Using the records that appear below, write out exactly the lines from the one with "abbrev ep : Entry" through the one with "abbrev pub precedence_table", keeping both end lines.

[Data extracted from a collection]
........
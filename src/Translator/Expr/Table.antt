-- ===== src/Translator/Expr/Table.antt =====
-- oplt/stran/OT_EXPR.CPP, the operator-precedence table. An entry of the source packs two actions
-- into one byte: the high half is taken where an operand is due (an operator was just seen), the
-- low half where an operator is due.
pub mod Facts
use opl_dev.Prelude.{ℕ, List, [], ◌∷◌, Bool, get_elem?, if◌then◌else◌}
use opl_dev.Prelude.Outcome.{Outcome, ok, checked, ◌>>=◌}
use opl_dev.Translator.Token.{Operator, number}

-- ELErr, ELStk, ELAcc, ELRed, ELROB, ELPer, ELDrp, ELMis
pub data Action : Type 0 where
  error stack accept reduce reduce_to_open_bracket percent drop missing_bracket : Action

-- An operator's column, when it is the one just read.
abbrev pub col_array : List ℕ
col_array = 0 ∷ 1 ∷ 1 ∷ 1 ∷ 1 ∷ 1 ∷ 1 ∷ 2 ∷ 2 ∷ 3 ∷ 3 ∷ 4 ∷ 7 ∷ 7 ∷ 6 ∷ 5 ∷ 8 ∷ 6 ∷ 9 ∷ 10 ∷ []

-- An operator's row, when it is on top of the operator stack.
abbrev pub row_array : List ℕ
row_array = 0 ∷ 2 ∷ 1 ∷ 2 ∷ 1 ∷ 1 ∷ 1 ∷ 3 ∷ 3 ∷ 4 ∷ 4 ∷ 5 ∷ 8 ∷ 8 ∷ 7 ∷ 6 ∷ 0 ∷ 9 ∷ []

abbrev Entry : Type 0
Entry = Action × Action

-- The entries that the table is made of, high half first.
abbrev ee : Entry
ee = (Action.error, Action.error)

abbrev es : Entry
es = (Action.error, Action.stack)

abbrev er : Entry
er = (Action.error, Action.reduce)

abbrev ea : Entry
ea = (Action.error, Action.accept)

abbrev eb : Entry
eb = (Action.error, Action.reduce_to_open_bracket)

abbrev ep : Entry
ep = (Action.error, Action.percent)

abbrev em : Entry
em = (Action.error, Action.missing_bracket)

abbrev se : Entry
se = (Action.stack, Action.error)

abbrev dd : Entry
dd = (Action.drop, Action.drop)

abbrev pub precedence_table : List (List Entry)
precedence_table =
    (ee ∷ es ∷ es ∷ es ∷ es ∷ se ∷ se ∷ es ∷ ee ∷ ee ∷ ea ∷ [])
    ∷ (ee ∷ er ∷ es ∷ es ∷ es ∷ se ∷ se ∷ er ∷ ee ∷ eb ∷ er ∷ [])
    ∷ (ee ∷ er ∷ es ∷ es ∷ es ∷ se ∷ se ∷ er ∷ ep ∷ eb ∷ er ∷ [])
    ∷ (ee ∷ er ∷ er ∷ es ∷ es ∷ se ∷ se ∷ er ∷ ep ∷ eb ∷ er ∷ [])
    ∷ (ee ∷ er ∷ er ∷ er ∷ es ∷ se ∷ se ∷ er ∷ ep ∷ eb ∷ er ∷ [])
    ∷ (ee ∷ er ∷ er ∷ er ∷ es ∷ se ∷ se ∷ er ∷ ee ∷ eb ∷ er ∷ [])
    ∷ (ee ∷ er ∷ er ∷ er ∷ es ∷ dd ∷ se ∷ er ∷ er ∷ eb ∷ er ∷ [])
    ∷ (ee ∷ er ∷ er ∷ er ∷ es ∷ se ∷ se ∷ er ∷ er ∷ eb ∷ er ∷ [])
    ∷ (ee ∷ es ∷ es ∷ es ∷ es ∷ se ∷ se ∷ er ∷ ee ∷ eb ∷ er ∷ [])
    ∷ (ee ∷ es ∷ es ∷ es ∷ es ∷ se ∷ se ∷ es ∷ ee ∷ eb ∷ em ∷ [])
    ∷ []

-- `(precedenceTable[row][col]>>aState.OperatorSeen())&KOperatorActionMask`
unfoldable pub look_up : ℕ → ℕ → Bool → Outcome Action
look_up row col seen = do
  entries ← checked (get_elem? precedence_table row)
  entry ← checked (get_elem? entries col)
  ok (if seen then entry.0 else entry.1)

unfoldable pub column : Operator → Outcome ℕ
column op = checked (get_elem? col_array (number op))

-- The action for the operator on top of the stack and the column of the one just read.
unfoldable pub action : Operator → ℕ → Bool → Outcome Action
unfolding look_up
action top col seen = do row ← checked (get_elem? row_array (number top)); look_up row col seen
........
◆ **Your solution**
abbrev ep : Entry
ep = (Action.error, Action.percent)

abbrev em : Entry
em = (Action.error, Action.missing_bracket)

abbrev se : Entry
se = (Action.stack, Action.error)

abbrev dd : Entry
dd = (Action.drop, Action.drop)

abbrev pub precedence_table : List (List Entry)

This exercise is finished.